DATASET EXCERPTS section start
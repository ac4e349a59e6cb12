-- ===== src/Interpreter/Safety/Runs.antt =====
-- A run of an accepted function, in crates/syllog-interpreter/src/lib.rs, from a block that it can
-- be at, on a frame that holds what the analysis found there.
use syllog.Prelude.{
  ℕ, zero, suc, ◌+◌, ◌≡◌, refl, ◌∙◌, true, List, [], ◌∷◌, ◌++◌, map, Option, none, some, arith,
  length, get_elem?, get_elem?_of_lt-length, Bool-cases, inl, inr, ltb, ==_iff, min, u32_max,
}
use syllog.Ir.Syntax.{DefId, BlockId, Terminator, goto, switch_int, BasicBlock, MirFunction}
use syllog.Ir.Verify.LocalSet.{LocalSet, contains}
use syllog.Ir.Verify.Control.{successors, block_successors}
use syllog.Ir.Verify.Dataflow.Fixpoint.{Subset}
use syllog.Ir.Verify.Transfer.{
  consume_operand, consume_operands, define_place, consume_terminator, consume_end,
  transfer_statements, transfer_block,
}
use syllog.Ir.Verify.Typing.{find_function}
use syllog.Ir.Verify.Safety.{TerminatorSafe, EndSafe}
use syllog.Ir.Verify.Safety.Certificate.{
  targets_of, Accepted, Good, Good-entry, Good-safe, Good-step,
}
use syllog.Interpreter.Value.{Value, Values, values_length}
use syllog.Interpreter.Machine.{InterpreterLimits, State}
use syllog.Interpreter.Run.{
  Runner, switch_target, take_result, enter, call, execute_terminator, execute_end, execute_block,
  execute_at, run,
}
use syllog.Interpreter.Safety.{Ensures, Ensures-bind}
use syllog.Interpreter.Safety.Arguments.{arguments_lem, switch_target-successor}
use syllog.Interpreter.Safety.Frame.{Frame, Frame-weaken, Leaves, tick-Leaves, assign_place-Leaves}
use syllog.Interpreter.Safety.Steps.{
  LeavesValues, operands-Leaves, integer_operand-Leaves, execute_statements-Leaves,
}

module _ (functions : List MirFunction) (limits : InterpreterLimits)
    (accepted : (id : DefId) (g : MirFunction)
      → find_function functions id ≡ some g
      → Accepted functions g) where
  -- A runner that is safe from each block that a run of an accepted function can be at.
  abbrev SafeRunner : Runner → Type 0
  SafeRunner again =
      (f : MirFunction) (k depth : ℕ) (s : State) (held : LocalSet)
      → Accepted functions f
      → Good functions f k held
      → Frame (length f.locals) held s
      → Ensures (λ _. Unit {0}) (again f k depth s)

  module _ (again : Runner) (safe : SafeRunner again) where
    enter_lem :
        (n : ℕ) (held : LocalSet) (g : MirFunction) (vs : Values) (depth : ℕ) (s : State)
        → Accepted functions g
        → values_length vs ≡ g.parameter_count
        → Frame n held s
        → Ensures (Leaves n held) (enter functions limits again g vs depth s)
    unfolding enter
    enter_lem n held g vs depth s acc count frame =
        let (t, e, size, covers) = arguments_lem g vs count acc.fits in
        let (held', good, sub) = Good-entry functions g acc in
        rw (e, enter)
          (Ensures-bind (λ _. Unit {0}) (Leaves n held) _ _
            (safe g 0 depth (record s { locals = t }) held' acc good
              (record { size = size; covers = λ l h. covers l (sub l h) }))
            λ v s' _. record { size = frame.size; covers = frame.covers })

    call_lem :
        (n : ℕ) (held : LocalSet) (id : DefId) (g : MirFunction) (vs : Values) (depth : ℕ)
        (s : State)
        → find_function functions id ≡ some g
        → values_length vs ≡ g.parameter_count
        → Frame n held s
        → Ensures (Leaves n held) (call functions limits again id vs depth s)
    unfolding call
    call_lem n held id g vs depth s e count frame =
        elim (Bool-cases (ltb limits.max_call_depth depth)) [
          | inl deep ↦ rw (deep, call) tt
          | inr fits ↦
              rw (fits, e, call, (==_iff (values_length vs) g.parameter_count).1 count)
                (enter_lem n held g vs depth s (accepted id g e) count frame)
        ]

    -- Where a safe terminator leads: to blocks that the run can be at, with what it leaves.
    abbrev Onward : MirFunction → List BlockId → LocalSet → Type 0
    Onward f targets left =
        (c : BlockId)
        → contains targets c ≡ true
        → (held : LocalSet) × Good functions f c held × Subset held left

    again_lem :
        (f : MirFunction) (targets : List BlockId) (left : LocalSet) (c depth : ℕ) (s : State)
        → Accepted functions f
        → Onward f targets left
        → contains targets c ≡ true
        → Frame (length f.locals) left s
        → Ensures (λ _. Unit {0}) (again f c depth s)
    again_lem f targets left c depth s acc onward member frame =
        let (held, good, sub) = onward c member in
        safe f c depth s held acc good (Frame-weaken (length f.locals) left held s sub frame)

    execute_terminator_lem :
        (f : MirFunction) (t : Terminator) (depth : ℕ) (s : State) (held : LocalSet)
        → Accepted functions f
        → TerminatorSafe functions f t held
        → Onward f (successors t) (consume_terminator t held)
        → Frame (length f.locals) held s
        → Ensures (λ _. Unit {0}) (execute_terminator functions limits again f depth t s)
    unfolding execute_terminator consume_terminator successors contains
    execute_terminator_lem f Terminator.return depth s held acc h onward frame =
        returned (frame.covers 0 h)
      where
        returned :
            (v : Value) × (get_elem? s.locals 0 ≡ some (some v))
            → Ensures (λ _. Unit {0}) (take_result s)
        returned (v, e) = unfold take_result in rw (e, take_result) tt
    execute_terminator_lem f (goto target) depth s held acc h onward frame =
        again_lem f (target ∷ []) held target depth s acc onward (ground arith) frame
    execute_terminator_lem f (switch_int value targets otherwise) depth s held acc h onward frame =
        let left = consume_operand value held in
        Ensures-bind (Leaves (length f.locals) left) (λ _. Unit {0}) _ _
          (integer_operand-Leaves limits (length f.locals) held s value frame h)
          λ n s₁ f₁.
            again_lem f (map (λ t. t.1) targets ++ otherwise ∷ []) left
              (switch_target n targets otherwise) depth s₁ acc onward
              (switch_target-successor n targets otherwise) f₁
    execute_terminator_lem f (Terminator.call id args destination next) depth s held acc h onward
          frame =
        let n = length f.locals in
        let (g, found, count) = h.2 in
        let middle = consume_operands args held in
        let left = define_place destination middle in
        Ensures-bind (LeavesValues n middle (length args)) (λ _. Unit {0}) _ _
          (operands-Leaves limits n held s args frame h.0)
          λ vs s₁ f₁.
            Ensures-bind (Leaves n middle) (λ _. Unit {0}) _ _
              (call_lem n middle id g vs (min (depth + 1) u32_max) s₁ found (f₁.1 ∙ count) f₁.0)
              λ v s₂ f₂.
                Ensures-bind (Leaves n left) (λ _. Unit {0}) _ _
                  (assign_place-Leaves n middle s₂ destination v f₂ h.1)
                  λ _ s₃ f₃. again_lem f (next ∷ []) left next depth s₃ acc onward (ground arith) f₃

    execute_end_lem :
        (f : MirFunction) (t : Option Terminator) (depth : ℕ) (s : State) (held : LocalSet)
        → Accepted functions f
        → EndSafe functions f t held
        → Onward f (targets_of functions f t) (consume_end t held)
        → Frame (length f.locals) held s
        → Ensures (λ _. Unit {0}) (execute_end functions limits again f depth t s)
    unfolding execute_end consume_end
    execute_end_lem f none depth s held acc h onward frame = absurd h
    execute_end_lem f (some t) depth s held acc h onward frame =
        execute_terminator_lem f t depth s held acc h onward frame

    execute_block_lem :
        (f : MirFunction) (k depth : ℕ) (b : BasicBlock) (s : State) (held : LocalSet)
        → Accepted functions f
        → Good functions f k held
        → get_elem? f.blocks k ≡ some b
        → Frame (length f.locals) held s
        → Ensures (λ _. Unit {0}) (execute_block functions limits again f depth b s)
    unfolding execute_block transfer_block block_successors
    execute_block_lem f k depth b s held acc good e frame =
        let n = length f.locals in
        let block_safe = Good-safe functions f acc k held b good e in
        let onward = λ (c : BlockId). Good-step functions f acc k c b held good e in
        let middle = transfer_statements b.statements held in
        Ensures-bind (Leaves n middle) (λ _. Unit {0}) _ _
          (execute_statements-Leaves limits n functions f held s b.statements refl frame
            block_safe.0)
          λ _ s₁ f₁.
            Ensures-bind (Leaves n middle) (λ _. Unit {0}) _ _ (tick-Leaves n middle s₁ f₁ limits)
              λ _ s₂ f₂. execute_end_lem f b.terminator depth s₂ middle acc block_safe.1 onward f₂

    execute_at_lem : SafeRunner (execute_at functions limits again)
    unfolding execute_at
    execute_at_lem f k depth s held acc good frame =
        let (b, e) = get_elem?_of_lt-length f.blocks k good.in_range in
        rw (e, execute_at) (execute_block_lem f k depth b s held acc good e frame)

  run_lem : (fuel : ℕ) → SafeRunner (run functions limits fuel)
  unfolding run
  run_lem zero f k depth s held acc good frame = tt
  run_lem (suc fuel) f k depth s held acc good frame =
      execute_at_lem (run functions limits fuel) (run_lem fuel) f k depth s held acc good frame

  -- A call of a function that exists, with as many arguments as it has parameters.
  pub call-run_lem :
      (fuel : ℕ) (n : ℕ) (held : LocalSet) (id : DefId) (g : MirFunction) (vs : Values) (depth : ℕ)
      (s : State)
      → find_function functions id ≡ some g
      → values_length vs ≡ g.parameter_count
      → Frame n held s
      → Ensures (Leaves n held) (call functions limits (run functions limits fuel) id vs depth s)
  call-run_lem fuel = call_lem (run functions limits fuel) (run_lem fuel)
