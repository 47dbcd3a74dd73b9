-- ===== src/Tests/Server.antt =====
-- The helper process on a linear framebuffer of a primary plane, and on a cursor plane.
use libdrmtap.Prelude.{ℕ, arith, none, some, true, false, List, Option, [], ◌∷◌}
use libdrmtap.Errno.{ok, err, enodev}
use libdrmtap.Cursor.{Properties}
use libdrmtap.Server.{PlaneState, State}
use libdrmtap.Server.Grab.{Answers}
use libdrmtap.Server.Cursor as Pointer
use libdrmtap.Server.Cursor.{cursor_and_send}
use libdrmtap.Server.Cursor.Shown.{IsMapped, Fits, chosen, cursor_and_send-Fits}
use libdrmtap.Tests.Base.{weights, padded_fb, painted}
use libdrmtap.Tests.Cursor.{cursor_props, virtio}

abbrev plane_props : ℕ → Option Properties
plane_props plane = some (some ("type", 1) ∷ [])

abbrev one_plane : List (Option PlaneState)
one_plane = none ∷ some (record { plane_id = 40; crtc_id = 9; fb_id = 7 }) ∷ []

abbrev linear : Answers
linear = record {
  planes = record { planes = some one_plane; ids = some (40 ∷ []); props = plane_props };
  fb2 = ok (record padded_fb { modifier = some 0 });
  features = none;
  hdr = λ crtc. (0, 0);
  clock_ms = 1;
  exported = err enodev;
  fd_sent = true;
  map_dumb = true;
  cpu_map = some 4096;
  meta_sent = true;
  pixels_sent = true;
}

abbrev fresh : State
fresh = record {
  primary_ids = none;
  virtio_detected = false;
  virtio_virgl = false;
  seq_counter = 0;
}

abbrev pointer : Pointer.Answers
pointer = record {
  planes = some one_plane;
  props = cursor_props;
  fb2 = ok padded_fb;
  exported = ok 3;
  cpu_map = ok 4096;
  granted = true;
  source = painted;
  packed = λ i. 0;
}

pointer-IsMapped : IsMapped pointer.fb2 pointer.source
pointer-IsMapped = omega arith

cursor_and_send-Fits_example :
    Fits weights pointer virtio true 0
      (chosen 9 pointer.props pointer.planes)
      (cursor_and_send pointer true 9)
cursor_and_send-Fits_example = cursor_and_send-Fits weights pointer virtio true 9 pointer-IsMapped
DATASET EXCERPTS section end
> [ACTIVITY]
Write out only the lines from the very start of the entries above to the line that includes "f k depth s)", both ends included, each one unchanged.

> [WRITTEN SOLUTION]
repository ac4e349a59e6cb12
-- ===== src/Interpreter/Safety/Runs.antt =====
-- A run of an accepted function, in crates/syllog-interpreter/src/lib.rs, from a block that it can
-- be at, on a frame that holds what the analysis found there.
use syllog.Prelude.{
  ℕ, zero, suc, ◌+◌, ◌≡◌, refl, ◌∙◌, true, List, [], ◌∷◌, ◌++◌, map, Option, none, some, arith,
  length, get_elem?, get_elem?_of_lt-length, Bool-cases, inl, inr, ltb, ==_iff, min, u32_max,
}
use syllog.Ir.Syntax.{DefId, BlockId, Terminator, goto, switch_int, BasicBlock, MirFunction}
use syllog.Ir.Verify.LocalSet.{LocalSet, contains}
use syllog.Ir.Verify.Control.{successors, block_successors}
use syllog.Ir.Verify.Dataflow.Fixpoint.{Subset}
use syllog.Ir.Verify.Transfer.{
  consume_operand, consume_operands, define_place, consume_terminator, consume_end,
  transfer_statements, transfer_block,
}
use syllog.Ir.Verify.Typing.{find_function}
use syllog.Ir.Verify.Safety.{TerminatorSafe, EndSafe}
use syllog.Ir.Verify.Safety.Certificate.{
  targets_of, Accepted, Good, Good-entry, Good-safe, Good-step,
}
use syllog.Interpreter.Value.{Value, Values, values_length}
use syllog.Interpreter.Machine.{InterpreterLimits, State}
use syllog.Interpreter.Run.{
  Runner, switch_target, take_result, enter, call, execute_terminator, execute_end, execute_block,
  execute_at, run,
}
use syllog.Interpreter.Safety.{Ensures, Ensures-bind}
use syllog.Interpreter.Safety.Arguments.{arguments_lem, switch_target-successor}
use syllog.Interpreter.Safety.Frame.{Frame, Frame-weaken, Leaves, tick-Leaves, assign_place-Leaves}
use syllog.Interpreter.Safety.Steps.{
  LeavesValues, operands-Leaves, integer_operand-Leaves, execute_statements-Leaves,
}

module _ (functions : List MirFunction) (limits : InterpreterLimits)
    (accepted : (id : DefId) (g : MirFunction)
      → find_function functions id ≡ some g
      → Accepted functions g) where
  -- A runner that is safe from each block that a run of an accepted function can be at.
  abbrev SafeRunner : Runner → Type 0
  SafeRunner again =
      (f : MirFunction) (k depth : ℕ) (s : State) (held : LocalSet)
      → Accepted functions f
      → Good functions f k held
      → Frame (length f.locals) held s
      → Ensures (λ _. Unit {0}) (again f k depth s)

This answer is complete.